This question - carefully tracked by financial advisers who tell you which fund to put your money in - is best answered by carefully measuring the performance of India's top funds and for quant help we turned to Value Research, a New Delhi-based mutual funds tracker. The firm, founded and run by Dhirendra Kumar, has the most extensive database on mutual funds in India and is respected for its independence.
Kumar and BT editors spotted early on that it would be perfect timing for such an exercise given that Indian markets had gone through a boom-andbust cycle in the past three years. How did India's mutual fund aces manage their funds from June 2007 until now? A period in which markets rose to nearly 21,000 points on the Bombay Stock Exchange, crashed to 8,300-odd and are back at 18,000 levels?
Value Research drew up the top three performers by annualised returns over the past three years in 11 categories, ranging from equity funds of different sizes to ultra shortterm debt funds, from tax saving schemes to income plans. Returns alone are not an efficient metric to judge a fund manager. It has to be seen in the context of the bets he makes, the risks taken in trades. The performance was weighted by a risk score benchmarked against a risk-free instrument like the State Bank of India's 45 to 90 days deposit rate.

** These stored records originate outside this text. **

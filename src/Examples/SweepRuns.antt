-- ===== src/Examples/SweepRuns.antt =====
-- A control and a treatment, two replicates and a grid of two cells, expanded by
-- src/run_farm/sweep.py.
use run_farm.Prelude.{
  ℕ, zero, suc, ◌+◌, ◌*◌, ◌≡◌, refl, String, Option, none, some, List, [], ◌∷◌, length, get_elem?,
  Dict,
}
use run_farm.Sweep.{default_rid, legs}
use run_farm.Sweep.Positions.{legs_lem}

abbrev arms : List String
arms = "control" ∷ "treatment" ∷ []

abbrev digits : ℕ → String
digits zero = "0"
digits (suc n) = "1"

abbrev grid : Option (List (Dict String String))
grid = some ((("mu", "0.1") ∷ ("beta", "2") ∷ []) ∷ [] ∷ [])

abbrev seed_fn : String → ℕ → Dict String String → ℕ
seed_fn arm rep cell = rep + 40

default_rid_test :
    default_rid digits (λ (v : String). v) "control" 1 (("mu", "0.1") ∷ ("beta", "2") ∷ [])
    ≡ "control_r1_beta2_mu0.1"
unfolding default_rid
default_rid_test = refl

-- Two cells of one text: the names of their legs are equal.
default_rid_twice :
    default_rid digits (λ (v : String). v) "control" 0 (("a", "1_b2") ∷ [])
    ≡ default_rid digits (λ (v : String). v) "control" 0 (("a", "1") ∷ ("b", "2") ∷ [])
unfolding default_rid
default_rid_twice = refl

legs_lem_example :
    (length (legs digits (λ v. v) arms (0 ∷ 1 ∷ []) grid seed_fn none) ≡ 2 * (2 * 2))
    × (get_elem?
          (legs digits (λ v. v) arms (0 ∷ 1 ∷ []) grid seed_fn none)
          (1 * (2 * 2) + (1 * 2 + 0))
        ≡ some (record {
          rid = default_rid digits (λ v. v) "treatment" 1 (("mu", "0.1") ∷ ("beta", "2") ∷ []);
          arm = "treatment";
          replicate = 1;
          seed = 41;
          cfg = ("mu", "0.1") ∷ ("beta", "2") ∷ [];
        }))
legs_lem_example =
    legs_lem digits (λ v. v) arms (0 ∷ 1 ∷ []) grid seed_fn none 1 1 0 "treatment" 1
      (("mu", "0.1") ∷ ("beta", "2") ∷ []) refl refl refl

The result drumroll, please, is the next 11 pages of profiles of 13 investing whizzes from India's mutual funds industry. As much as there are common traits among most of them - a healthy respect for the market, alpha male behaviour, quality time with family and, even, cinema as a hobby - there are different investment strategies and, even, quirks of individual behaviour that stand out. For actionable takeaways from their lives, read on.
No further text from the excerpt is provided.